Question: How does your work address the issue of ensuring chip integrity?

Garg: We’re looking at a variety of approaches. At the foundry level, for example, split manufacturing involves partitioning a chip into multiple parts, like pieces of a jigsaw puzzle, and sending each piece to a different foundry. Once the pieces are returned, the fabricated pieces can be assembled in a trusted facility. The limited visibility into the chip’s blueprint deters not only IP theft, because no one foundry can see the entire blueprint, but also the foundries’ ability to understand what the chip does and, consequently, modify it in a targeted manner.

More recently we’ve been looking at how we could detect that a chip has been modified, perhaps by a malicious entity at a foundry. Every company in the world tests chips, because some chips are faulty. However, standard chip testing approaches aren’t effective in detecting malicious modifications, because it’s possible to modify a chip such that the modification is activated only after the chip has been in the field for a certain amount of time. We need detection mechanisms that are far more sophisticated than existing techniques.

Question:  What are the next steps in your research?

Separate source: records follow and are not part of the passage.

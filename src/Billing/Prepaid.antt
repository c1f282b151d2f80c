-- ===== src/Billing/Prepaid.antt =====
-- The prepaid ledger of crates/broker-billing/src/prepaid.rs. The methods run one after another; a
-- method returns its result and the ledger after it.
pub mod History
pub mod Conservation
pub mod Replay
pub mod Outcomes
use vulos_relay.Base.{
  ℕ, ◌+◌, ◌-◌, ◌≡◌, Bool, not, true, false, Option, none, some, List, [], ◌∷◌, ◌++◌, Bytes,
  bytes_eq, ltb, leb, ◌==◌, if◌then◌else◌, any, find,
}
use vulos_relay.Base.Dict.{Dict, get, insert}
use vulos_relay.Base.Words.{sat_add, wrap_add}
use vulos_relay.Base.Result.{Result, ok, err}
use vulos_relay.Billing.Tariff.{Bill}

pub data BillingState : Type 0 where
  fine low_balance exhausted : BillingState

pub data PrepaidError : Type 0 where
  currency_mismatch : (bill_currency ledger_currency : Bytes) → PrepaidError
  credit_exhausted : (payer : Bytes) (balance amount : ℕ) (currency : Bytes) → PrepaidError
  refund_exceeds_balance : (payer : Bytes) (amount balance : ℕ) → PrepaidError

pub record TopUpRecord : Type 0 where
  pub payer : Bytes
  pub amount : ℕ
  pub currency : Bytes
  pub funding_ref : Bytes
  pub tx_seq : ℕ

pub record DebitRecord : Type 0 where
  pub payer : Bytes
  pub amount : ℕ
  pub currency : Bytes
  pub tx_seq : ℕ

pub record RefundRecord : Type 0 where
  pub payer : Bytes
  pub amount : ℕ
  pub currency : Bytes
  pub tx_seq : ℕ

pub record CreditAccount : Type 0 where
  pub payer : Bytes
  pub currency : Bytes
  pub balance : ℕ
  pub low_balance_threshold : ℕ

unfoldable pub account_state : CreditAccount → BillingState
account_state a =
    if a.balance == 0
    then exhausted
    else if leb a.balance a.low_balance_threshold
    then low_balance
    else fine

pub record PrepaidLedger : Type 0 where
  pub currency : Bytes
  pub low_balance_threshold : ℕ
  pub balances : Dict Bytes ℕ
  pub top_ups : List TopUpRecord
  pub debits : List DebitRecord
  pub refunds : List RefundRecord
  pub next_tx_seq : ℕ
  pub credited_refs : List Bytes

unfoldable pub new : Bytes → ℕ → PrepaidLedger
new currency threshold = record {
  currency = currency;
  low_balance_threshold = threshold;
  balances = [];
  top_ups = [];
  debits = [];
  refunds = [];
  next_tx_seq = 0;
  credited_refs = [];
}

abbrev pub or_zero : Option ℕ → ℕ
or_zero none = 0
or_zero (some n) = n

unfoldable pub balance : PrepaidLedger → Bytes → ℕ
balance l payer = or_zero (get l.balances payer)

unfoldable pub account : PrepaidLedger → Bytes → CreditAccount
account l payer = record {
  payer = payer;
  currency = l.currency;
  balance = balance l payer;
  low_balance_threshold = l.low_balance_threshold;
}

unfoldable pub state : PrepaidLedger → Bytes → BillingState
unfolding account account_state
state l payer = account_state (account l payer)

-- Takes the next sequence number.
unfoldable pub next_seq : PrepaidLedger → ℕ × PrepaidLedger
next_seq l = (l.next_tx_seq, record l { next_tx_seq = wrap_add l.next_tx_seq 1 })

abbrev pub has_ref : Bytes → TopUpRecord → Bool
has_ref fref r = bytes_eq.beq r.funding_ref fref

-- A funding reference that was not credited before: credit the balance and record the top-up.
unfoldable pub credit : PrepaidLedger → Bytes → ℕ → Bytes → TopUpRecord × PrepaidLedger
unfolding balance next_seq
credit l payer amount fref =
    let l₁ = record l { balances = insert l.balances payer (sat_add (balance l payer) amount) } in
    let (seq, l₂) = next_seq l₁ in
    let r : TopUpRecord = record {
      payer = payer;
      amount = amount;
      currency = l.currency;
      funding_ref = fref;
      tx_seq = seq;
    } in
    (r, record l₂ { top_ups = l₂.top_ups ++ (r ∷ []); credited_refs = fref ∷ l₂.credited_refs })

-- `none` is the panic of `expect`: a credited reference without its record.
unfoldable pub top_up : PrepaidLedger → Bytes → ℕ → Bytes → Option (TopUpRecord × PrepaidLedger)
top_up l payer amount fref =
    if any (λ r. bytes_eq.beq r fref) l.credited_refs
    then elim (find (has_ref fref) l.top_ups) [ none ↦ none | some r ↦ some (r, l) ]
    else some (credit l payer amount fref)

-- The ledger after `amount` left the payer's balance and a number was taken.
unfoldable pub withdraw : PrepaidLedger → Bytes → ℕ → ℕ × PrepaidLedger
unfolding balance next_seq
withdraw l payer amount =
    next_seq (record l { balances = insert l.balances payer (balance l payer - amount) })

unfoldable pub debit :
    PrepaidLedger → Bytes → Bill → Result PrepaidError DebitRecord × PrepaidLedger
unfolding withdraw
debit l payer bill =
    if not (bytes_eq.beq bill.currency l.currency)
    then (err (currency_mismatch bill.currency l.currency), l)
    else if ltb (balance l payer) bill.amount
    then (err (credit_exhausted payer (balance l payer) bill.amount l.currency), l)
    else (let (seq, l') = withdraw l payer bill.amount in
        let r : DebitRecord = record {
          payer = payer;
          amount = bill.amount;
          currency = l.currency;
          tx_seq = seq;
        } in
        (ok r, record l' { debits = l'.debits ++ (r ∷ []) }))

unfoldable pub refund : PrepaidLedger → Bytes → ℕ → Result PrepaidError RefundRecord × PrepaidLedger
unfolding withdraw
refund l payer amount =
    if ltb (balance l payer) amount
    then (err (refund_exceeds_balance payer amount (balance l payer)), l)
    else (let (seq, l') = withdraw l payer amount in
        let r : RefundRecord = record {
          payer = payer;
          amount = amount;
          currency = l.currency;
          tx_seq = seq;
        } in
        (ok r, record l' { refunds = l'.refunds ++ (r ∷ []) }))
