-- ===== src/Billing/Prepaid/History.antt =====
-- Histories of calls on a prepaid ledger, and the totals that its audit trails record.
use vulos_relay.Base.{ℕ, ◌+◌, Option, none, some, List, [], ◌∷◌, Bytes, bytes_eq, if◌then◌else◌}
use vulos_relay.Billing.Tariff.{Bill}
use vulos_relay.Billing.Prepaid.{
  TopUpRecord, DebitRecord, RefundRecord, PrepaidLedger, top_up, debit, refund,
}

pub data Call : Type 0 where
  tops_up : (payer : Bytes) (amount : ℕ) (funding_ref : Bytes) → Call
  debits : (payer : Bytes) (bill : Bill) → Call
  refunds : (payer : Bytes) (amount : ℕ) → Call

-- The ledger after a call; `none` if the call panics.
unfoldable pub after : PrepaidLedger → Call → Option PrepaidLedger
after l (tops_up payer amount fref) = elim (top_up l payer amount fref) [
  | none ↦ none
  | some (r, l') ↦ some l'
]
after l (debits payer bill) = some (debit l payer bill).1
after l (refunds payer amount) = some (refund l payer amount).1

unfoldable pub run : PrepaidLedger → List Call → Option PrepaidLedger
run l [] = some l
run l (c ∷ cs) = elim (after l c) [ none ↦ none | some l' ↦ run l' cs ]

-- What the records say was credited to, debited from and refunded to a payer.
abbrev pub credited : Bytes → List TopUpRecord → ℕ
credited p [] = 0
credited p (r ∷ rs) = (if bytes_eq.beq r.payer p then r.amount else 0) + credited p rs

abbrev pub debited : Bytes → List DebitRecord → ℕ
debited p [] = 0
debited p (r ∷ rs) = (if bytes_eq.beq r.payer p then r.amount else 0) + debited p rs

abbrev pub refunded : Bytes → List RefundRecord → ℕ
refunded p [] = 0
refunded p (r ∷ rs) = (if bytes_eq.beq r.payer p then r.amount else 0) + refunded p rs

Garg: We’re currently working on what we call a verifiable chip. The chip includes the components that perform the computation you care about, but also additional logic that provides proofs of correctness of the chip’s execution. If I give it an input, it returns a reply. It also gives me additional information that lets me verify that the computation in the chip was done correctly. This general approach might prove useful in addressing the challenge of the chip integrity. We presented a paper at the IEEE Security and Privacy Conference on a preliminary study of this approach. Right now the costs of providing this verifiability is still high. Over the next few years, we hope to bring down this cost, so it becomes practical even for commercial semiconductor vendors. We’re also working on a blueprint design that would allow us to fabricate chips that have this verifiability property.